• ASSIGNMENT
Within the data below, copy each line where the string "absurd" is found.
'''
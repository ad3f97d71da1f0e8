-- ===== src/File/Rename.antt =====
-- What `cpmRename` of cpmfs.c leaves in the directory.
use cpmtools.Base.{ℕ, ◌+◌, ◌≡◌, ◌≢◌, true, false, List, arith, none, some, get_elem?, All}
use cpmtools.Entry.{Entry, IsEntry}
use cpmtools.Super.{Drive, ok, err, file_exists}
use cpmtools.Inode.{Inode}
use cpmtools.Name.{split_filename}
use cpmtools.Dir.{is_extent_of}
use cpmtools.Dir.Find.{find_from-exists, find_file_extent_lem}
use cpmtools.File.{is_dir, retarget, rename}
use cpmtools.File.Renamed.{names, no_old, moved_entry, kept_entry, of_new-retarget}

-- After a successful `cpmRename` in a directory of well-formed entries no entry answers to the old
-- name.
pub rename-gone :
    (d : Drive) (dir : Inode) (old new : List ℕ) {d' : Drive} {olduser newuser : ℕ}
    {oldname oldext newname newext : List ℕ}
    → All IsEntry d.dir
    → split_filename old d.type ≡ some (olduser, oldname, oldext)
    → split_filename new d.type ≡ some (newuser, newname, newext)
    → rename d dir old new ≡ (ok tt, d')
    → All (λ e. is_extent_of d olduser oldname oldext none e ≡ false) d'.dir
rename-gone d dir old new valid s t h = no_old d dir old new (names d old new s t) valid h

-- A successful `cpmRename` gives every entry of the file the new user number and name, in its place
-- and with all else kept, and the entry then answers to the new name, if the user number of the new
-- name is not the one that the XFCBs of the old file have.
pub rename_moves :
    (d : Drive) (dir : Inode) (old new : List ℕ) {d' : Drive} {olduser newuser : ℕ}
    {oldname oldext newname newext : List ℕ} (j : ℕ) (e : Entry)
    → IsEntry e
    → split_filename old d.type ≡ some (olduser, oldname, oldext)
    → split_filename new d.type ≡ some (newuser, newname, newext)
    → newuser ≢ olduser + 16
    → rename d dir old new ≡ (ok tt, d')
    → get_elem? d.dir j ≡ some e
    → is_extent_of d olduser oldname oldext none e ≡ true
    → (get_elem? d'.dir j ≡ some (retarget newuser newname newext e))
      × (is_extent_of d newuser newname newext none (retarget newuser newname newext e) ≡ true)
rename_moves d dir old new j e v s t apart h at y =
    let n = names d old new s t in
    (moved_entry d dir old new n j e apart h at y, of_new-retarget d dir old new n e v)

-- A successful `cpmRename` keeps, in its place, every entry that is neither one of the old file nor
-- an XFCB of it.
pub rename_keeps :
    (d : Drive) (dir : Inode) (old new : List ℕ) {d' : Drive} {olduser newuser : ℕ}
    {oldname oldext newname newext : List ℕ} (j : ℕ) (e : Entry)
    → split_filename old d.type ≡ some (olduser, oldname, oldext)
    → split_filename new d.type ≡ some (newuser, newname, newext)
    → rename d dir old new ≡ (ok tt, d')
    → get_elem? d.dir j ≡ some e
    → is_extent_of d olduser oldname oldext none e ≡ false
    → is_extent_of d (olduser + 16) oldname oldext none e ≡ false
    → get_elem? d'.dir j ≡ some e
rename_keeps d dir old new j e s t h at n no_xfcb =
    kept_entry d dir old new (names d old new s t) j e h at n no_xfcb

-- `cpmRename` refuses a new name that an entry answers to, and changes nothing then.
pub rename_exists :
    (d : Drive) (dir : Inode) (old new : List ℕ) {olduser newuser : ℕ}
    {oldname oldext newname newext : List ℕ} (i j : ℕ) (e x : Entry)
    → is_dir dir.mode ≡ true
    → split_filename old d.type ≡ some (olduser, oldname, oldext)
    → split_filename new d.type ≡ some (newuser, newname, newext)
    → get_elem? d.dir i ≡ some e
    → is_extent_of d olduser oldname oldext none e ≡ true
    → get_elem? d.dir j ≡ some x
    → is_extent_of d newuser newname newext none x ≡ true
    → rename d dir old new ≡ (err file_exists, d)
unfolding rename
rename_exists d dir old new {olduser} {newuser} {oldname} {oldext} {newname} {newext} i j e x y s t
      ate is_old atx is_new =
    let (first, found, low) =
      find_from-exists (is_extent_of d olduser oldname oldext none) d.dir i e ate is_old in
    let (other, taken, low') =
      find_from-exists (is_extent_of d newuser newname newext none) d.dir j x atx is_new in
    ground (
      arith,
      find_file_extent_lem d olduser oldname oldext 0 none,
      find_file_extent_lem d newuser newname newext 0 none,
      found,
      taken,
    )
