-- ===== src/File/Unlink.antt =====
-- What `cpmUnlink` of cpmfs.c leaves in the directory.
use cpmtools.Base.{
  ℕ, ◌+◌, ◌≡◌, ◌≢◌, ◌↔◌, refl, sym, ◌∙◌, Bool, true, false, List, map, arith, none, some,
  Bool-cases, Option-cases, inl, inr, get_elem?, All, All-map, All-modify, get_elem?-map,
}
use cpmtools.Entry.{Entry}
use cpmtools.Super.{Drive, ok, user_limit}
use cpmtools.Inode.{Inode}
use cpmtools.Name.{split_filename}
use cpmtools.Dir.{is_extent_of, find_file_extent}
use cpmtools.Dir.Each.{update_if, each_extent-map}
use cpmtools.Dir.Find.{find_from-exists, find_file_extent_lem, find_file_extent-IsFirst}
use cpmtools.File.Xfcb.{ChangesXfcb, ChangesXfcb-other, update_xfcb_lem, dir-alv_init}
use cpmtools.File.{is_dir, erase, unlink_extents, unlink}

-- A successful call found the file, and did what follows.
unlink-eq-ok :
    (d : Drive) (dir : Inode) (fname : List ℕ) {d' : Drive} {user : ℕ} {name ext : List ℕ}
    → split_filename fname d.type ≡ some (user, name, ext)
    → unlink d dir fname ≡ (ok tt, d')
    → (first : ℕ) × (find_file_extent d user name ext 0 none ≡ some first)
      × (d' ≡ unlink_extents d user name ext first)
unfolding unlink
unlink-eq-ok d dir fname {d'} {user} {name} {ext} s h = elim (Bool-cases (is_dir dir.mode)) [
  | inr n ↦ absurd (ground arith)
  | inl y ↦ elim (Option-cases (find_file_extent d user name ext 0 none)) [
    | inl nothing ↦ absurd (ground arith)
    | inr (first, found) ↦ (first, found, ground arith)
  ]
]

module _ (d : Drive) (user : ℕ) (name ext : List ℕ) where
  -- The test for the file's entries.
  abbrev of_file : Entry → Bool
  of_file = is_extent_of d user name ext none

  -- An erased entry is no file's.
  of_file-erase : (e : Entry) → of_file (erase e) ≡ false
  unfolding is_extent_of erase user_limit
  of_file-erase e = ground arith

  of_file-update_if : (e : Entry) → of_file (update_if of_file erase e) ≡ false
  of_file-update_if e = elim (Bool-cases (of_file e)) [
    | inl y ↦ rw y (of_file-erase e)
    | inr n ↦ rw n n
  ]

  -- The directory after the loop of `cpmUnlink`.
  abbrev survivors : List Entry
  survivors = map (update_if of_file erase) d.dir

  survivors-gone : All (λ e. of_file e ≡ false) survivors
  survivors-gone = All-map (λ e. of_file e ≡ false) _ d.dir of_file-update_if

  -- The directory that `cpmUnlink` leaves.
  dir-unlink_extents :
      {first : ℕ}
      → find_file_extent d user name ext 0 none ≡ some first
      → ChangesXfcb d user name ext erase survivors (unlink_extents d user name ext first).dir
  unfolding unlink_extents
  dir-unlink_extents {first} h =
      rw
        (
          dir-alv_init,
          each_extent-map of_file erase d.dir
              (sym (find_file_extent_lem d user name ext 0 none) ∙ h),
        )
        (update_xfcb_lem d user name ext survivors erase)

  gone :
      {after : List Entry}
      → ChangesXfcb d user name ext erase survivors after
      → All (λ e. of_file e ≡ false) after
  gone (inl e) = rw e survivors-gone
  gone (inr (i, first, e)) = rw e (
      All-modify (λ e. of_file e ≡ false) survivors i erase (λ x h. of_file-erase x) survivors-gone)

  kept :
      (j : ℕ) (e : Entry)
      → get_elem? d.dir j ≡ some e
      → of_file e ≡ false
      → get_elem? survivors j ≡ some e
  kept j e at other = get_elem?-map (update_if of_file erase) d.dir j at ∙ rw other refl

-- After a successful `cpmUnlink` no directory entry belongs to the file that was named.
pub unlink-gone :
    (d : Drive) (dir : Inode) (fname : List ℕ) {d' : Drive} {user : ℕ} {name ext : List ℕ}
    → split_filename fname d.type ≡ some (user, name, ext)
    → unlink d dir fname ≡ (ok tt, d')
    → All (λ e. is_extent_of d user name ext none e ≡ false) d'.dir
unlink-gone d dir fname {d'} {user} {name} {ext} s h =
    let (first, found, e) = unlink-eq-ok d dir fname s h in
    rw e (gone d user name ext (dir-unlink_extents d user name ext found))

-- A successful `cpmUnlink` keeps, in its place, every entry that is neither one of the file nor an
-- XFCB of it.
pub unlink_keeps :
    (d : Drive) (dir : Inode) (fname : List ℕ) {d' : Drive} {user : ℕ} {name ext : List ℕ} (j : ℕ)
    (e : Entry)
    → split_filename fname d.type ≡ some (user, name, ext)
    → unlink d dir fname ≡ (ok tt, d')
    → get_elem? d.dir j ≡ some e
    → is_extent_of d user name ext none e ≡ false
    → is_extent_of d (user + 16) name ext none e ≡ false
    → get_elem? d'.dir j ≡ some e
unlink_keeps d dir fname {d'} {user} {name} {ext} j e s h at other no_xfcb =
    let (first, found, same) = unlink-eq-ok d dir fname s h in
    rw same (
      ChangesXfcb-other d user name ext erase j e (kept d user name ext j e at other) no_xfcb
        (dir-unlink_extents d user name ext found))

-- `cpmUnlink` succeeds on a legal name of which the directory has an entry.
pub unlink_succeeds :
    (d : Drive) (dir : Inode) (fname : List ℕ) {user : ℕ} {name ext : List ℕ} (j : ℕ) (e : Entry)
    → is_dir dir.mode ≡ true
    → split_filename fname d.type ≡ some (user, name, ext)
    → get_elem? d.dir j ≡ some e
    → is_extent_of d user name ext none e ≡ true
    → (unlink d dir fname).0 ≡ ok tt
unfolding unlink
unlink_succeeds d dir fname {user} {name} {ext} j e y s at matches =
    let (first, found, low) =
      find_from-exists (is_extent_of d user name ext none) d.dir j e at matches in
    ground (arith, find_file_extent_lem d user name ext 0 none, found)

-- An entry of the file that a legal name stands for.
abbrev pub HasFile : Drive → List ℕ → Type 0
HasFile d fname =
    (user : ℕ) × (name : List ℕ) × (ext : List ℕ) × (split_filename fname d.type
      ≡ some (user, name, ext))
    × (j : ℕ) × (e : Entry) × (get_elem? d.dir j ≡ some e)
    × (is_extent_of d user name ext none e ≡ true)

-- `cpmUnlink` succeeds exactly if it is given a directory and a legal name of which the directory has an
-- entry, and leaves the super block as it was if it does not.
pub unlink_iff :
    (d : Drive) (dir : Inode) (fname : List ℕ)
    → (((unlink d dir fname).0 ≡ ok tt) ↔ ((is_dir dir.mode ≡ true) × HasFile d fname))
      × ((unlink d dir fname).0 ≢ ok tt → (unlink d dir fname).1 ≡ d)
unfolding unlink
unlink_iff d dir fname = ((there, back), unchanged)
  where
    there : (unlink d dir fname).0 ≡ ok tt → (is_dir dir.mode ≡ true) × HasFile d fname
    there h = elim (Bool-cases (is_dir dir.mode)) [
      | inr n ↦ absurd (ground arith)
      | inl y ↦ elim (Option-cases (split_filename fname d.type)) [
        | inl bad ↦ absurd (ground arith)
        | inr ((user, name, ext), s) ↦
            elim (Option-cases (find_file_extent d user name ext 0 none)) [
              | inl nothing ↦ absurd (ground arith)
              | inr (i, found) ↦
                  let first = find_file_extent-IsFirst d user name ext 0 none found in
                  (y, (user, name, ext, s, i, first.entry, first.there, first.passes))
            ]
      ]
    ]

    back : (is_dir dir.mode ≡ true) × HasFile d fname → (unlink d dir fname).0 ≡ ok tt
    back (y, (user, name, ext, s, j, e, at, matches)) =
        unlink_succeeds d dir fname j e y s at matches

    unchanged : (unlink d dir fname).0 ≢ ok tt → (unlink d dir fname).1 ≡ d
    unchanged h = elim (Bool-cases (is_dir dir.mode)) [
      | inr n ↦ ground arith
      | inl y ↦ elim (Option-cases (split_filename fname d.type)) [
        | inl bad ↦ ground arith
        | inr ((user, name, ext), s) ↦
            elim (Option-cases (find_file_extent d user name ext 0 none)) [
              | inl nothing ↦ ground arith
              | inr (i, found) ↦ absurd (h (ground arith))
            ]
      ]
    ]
'''
• ANSWER TO THE PROBLEM
  | inr n ↦ absurd (ground arith)
    | inl nothing ↦ absurd (ground arith)
      | inr n ↦ absurd (ground arith)
        | inl bad ↦ absurd (ground arith)
              | inl nothing ↦ absurd (ground arith)
              | inr (i, found) ↦ absurd (h (ground arith))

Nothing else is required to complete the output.